This defines the general interface to linear solvers for sparse symmetric indefinite matrices. The matrices can be provided either in "triplet format" (like for Harwell's MA27 solver), or in compressed sparse row (CSR) format for the lower triangular part of the symmetric matrix.
The solver should be able to compute the interia of the matrix, or more specifically, the number of negative eigenvalues in the factorized matrix.
This interface is used by the calling objective in the following way:
- The InitializeImpl method is called at the very beginning (for every optimization run), which allows the linear solver object to retrieve options given in the OptionsList (such as pivot tolerances etc). At this point, some internal data can also be initialized.

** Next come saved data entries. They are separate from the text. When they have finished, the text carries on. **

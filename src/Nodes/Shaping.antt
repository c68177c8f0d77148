-- ===== src/Nodes/Shaping.antt =====
-- nodes/logic.rs: `merge`, `wait` and `transform`, which reshape their input.
pub mod Written
pub mod Admitted
use fancy_flow_rs.Prelude.{
  List, [], ◌∷◌, ◌++◌, String, Bool, true, false, not, Option, some, none, if◌then◌else◌, ◌==◌,
  ◌||◌, ◌<>◌,
}
use fancy_flow_rs.Prelude.Scan.{is_blank, js_trim}
use fancy_flow_rs.Platform.{Platform, View}
use fancy_flow_rs.Runtime.Events.{info, log}
use fancy_flow_rs.Executors.{ExecutionContext, value}
use fancy_flow_rs.Executors.Context.{
  Ran, value_or, input_or_all, unless_null, option, option_str, text_of,
}
use fancy_flow_rs.Nodes.Expr.{evaluate_in}

module _ ⦃P : Platform⦄ where
  open P use {
    Value, Map, null, string, array, object, view, as_array, as_object, as_str, empty, insert, get,
    entries,
  }

  -- `Ok(value)` with nothing emitted
  abbrev pub gives : Value → Ran
  gives v = ([], value v)

  unfoldable pub insert_all : Map → List (String × Value) → Map
  insert_all m [] = m
  insert_all m ((key, v) ∷ l) = insert_all (insert m key v) l

  -- An object is merged in by key, and anything else under its port.
  unfoldable pub merge_port : Map → String → Value → Map
  unfolding insert_all
  merge_port merged port v = elim (view v) [
    | View.null ↦ merged
    | View.object m ↦ insert_all merged (entries m)
    | View.array l ↦ insert merged port v
    | View.bool b ↦ insert merged port v
    | View.number n ↦ insert merged port v
    | View.string s ↦ insert merged port v
  ]

  unfoldable pub merge_ports : Map → List (String × Value) → Map
  unfolding merge_port
  merge_ports merged [] = merged
  merge_ports merged ((port, v) ∷ inputs) = merge_ports (merge_port merged port v) inputs

  unfoldable pub flattened : Value → List Value
  flattened v = elim (view v) [
    | View.null ↦ []
    | View.array items ↦ items
    | View.object m ↦ v ∷ []
    | View.bool b ↦ v ∷ []
    | View.number n ↦ v ∷ []
    | View.string s ↦ v ∷ []
  ]

  unfoldable pub concat_ports : List (String × Value) → List Value
  unfolding flattened
  concat_ports [] = []
  concat_ports ((port, v) ∷ inputs) = flattened v ++ concat_ports inputs

  unfoldable pub merge : ExecutionContext → Ran
  unfolding option_str concat_ports merge_ports
  merge ctx =
      if option_str ctx "mode" "merge" == "concat"
      then gives (array (concat_ports (entries ctx.inputs)))
      else gives (object (merge_ports empty (entries ctx.inputs)))

  unfoldable pub wait : ExecutionContext → Ran
  unfolding option_str option input_or_all
  wait ctx =
      let mode = option_str ctx "mode" "duration" in
      (
        log info ("wait (" <> mode <> ") - not sleeping in framework-free mode") (some ctx.node.id)
            ∷ [],
        value (
            object (
              insert
                (insert (insert empty "waited" (string mode)) "duration"
                  (value_or (option ctx "duration") null))
                "input" (input_or_all ctx))),
      )

  pub data TransformPath : Type 0 where
    expression : TransformPath
    fields : TransformPath
    input : TransformPath

  abbrev has_text : Option String → Bool
  has_text (some s) = not (is_blank (js_trim s))
  has_text none = false

  abbrev is_absent : Option Value → Bool
  is_absent (some v) = false
  is_absent none = true

  abbrev names_expression : Option String → Bool
  names_expression (some s) = s == "expression"
  names_expression none = false

  abbrev pub keyed : Option String → Value → List (String × Value)
  keyed (some key) v = if is_blank (js_trim key) then [] else (js_trim key, v) ∷ []
  keyed none v = []

  -- The row of fields mode that an item stands for, if it stands for one.
  unfoldable pub transform_row : Option Map → List (String × Value)
  unfolding js_trim
  transform_row none = []
  transform_row (some row) = keyed (text_of (get row "key")) (value_or (get row "value") null)

  unfoldable pub rows_of : List Value → List (String × Value)
  unfolding transform_row
  rows_of [] = []
  rows_of (row ∷ rows) = transform_row (as_object row) ++ rows_of rows

  abbrev pub rows_in : Option Value → List (String × Value)
  unfolding rows_of
  rows_in none = []
  rows_in (some v) = elim (as_array v) [ some rows ↦ rows_of rows | none ↦ [] ]

  unfoldable pub transform_rows : Map → List (String × Value)
  unfolding rows_of
  transform_rows config = rows_in (get config "fields")

  abbrev by_rows : List (String × Value) → TransformPath
  by_rows [] = input
  by_rows (row ∷ rows) = fields

  unfoldable pub transform_path : Map → TransformPath
  unfolding transform_rows js_trim
  transform_path config =
      let mode = unless_null (get config "mode") in
      let expression_mode = names_expression (text_of mode) in
      let from_rows = by_rows (transform_rows config) in
      if is_absent mode || expression_mode
      then (if has_text (text_of (get config "expression"))
          then expression
          else if expression_mode
          then input
          else from_rows)
      else from_rows

  unfoldable pub write_rows : Map → Map → List (String × Value) → Map
  unfolding evaluate_in
  write_rows inputs out [] = out
  write_rows inputs out ((key, v) ∷ rows) =
      write_rows inputs (insert out key (evaluate_in (some v) inputs)) rows

  unfoldable pub transform : ExecutionContext → Ran
  unfolding transform_path transform_rows write_rows evaluate_in input_or_all
  transform ctx = elim (transform_path ctx.node.config) [
    | expression ↦ gives (evaluate_in (get ctx.node.config "expression") ctx.inputs)
    | fields ↦ gives (object (write_rows ctx.inputs empty (transform_rows ctx.node.config)))
    | input ↦ gives (input_or_all ctx)
  ]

- The calling class calls MatrixFormat to find out which matrix representation the linear solver requires. The possible options are Triplet_Format, as well as CSR_Format_0_Offset and CSR_Format_1_Offset. The difference between the last two is that for CSR_Format_0_Offset the couning of the element position in the ia and ja arrays starts are 0 (C-style numbering), whereas for the other one it starts at 1 (Fortran-style numbering).
- After this, the InitializeStructure method is called (once). Here, the structure of the matrix is provided. If the linear solver requires a symbolic preprocessing phase that can be done without knowledge of the matrix element values, it can be done here.
- The calling class will request an array for storing the actual values for a matrix using the GetValuesArrayPtr method. This array must be at least as large as the number of nonzeros in the matrix (as given to this class by the InitializeStructure method call). After a call of this method, the calling class will fill this array with the actual values of the matrix.
- Every time lateron, when actual solves of a linear system is requested, the calling class will call the MultiSolve to request the solve, possibly for mulitple right-hand sides. The flag new_matrix then indicates if the values of the matrix have changed and if a factorization is required, or if an old factorization can be used to do the solve.
Note that the GetValuesArrayPtr method will be called before every call of MultiSolve with new_matrix=true, or before a renewed call of MultiSolve if the most previous return value was SYMSOLV_CALL_AGAIN.
- The calling class might request with NumberOfNegEVals the number of the negative eigenvalues for the original matrix that were detected during the most recently performed factorization.
- The calling class might ask the linear solver to increase the quality of the solution. For example, if the linear solver uses a pivot tolerance, a larger value should be used for the next solve (which might require a refactorization).
- Finally, when the destructor is called, the internal storage, also in the linear solver, should be released.
Note, if the matrix is given in triplet format, entries might be listed multiple times, in which case the corresponsing elements have to be added.
A note for warm starts: If the option "warm_start_same_structure" is specified with "yes", the algorithm assumes that a problem with the same sparsity structure is solved for a repeated time. In that case, the linear solver might reuse information from the previous optimization. See Ma27TSolverInterface for an example.
Definition at line 104 of file IpMa97SolverInterface.hpp.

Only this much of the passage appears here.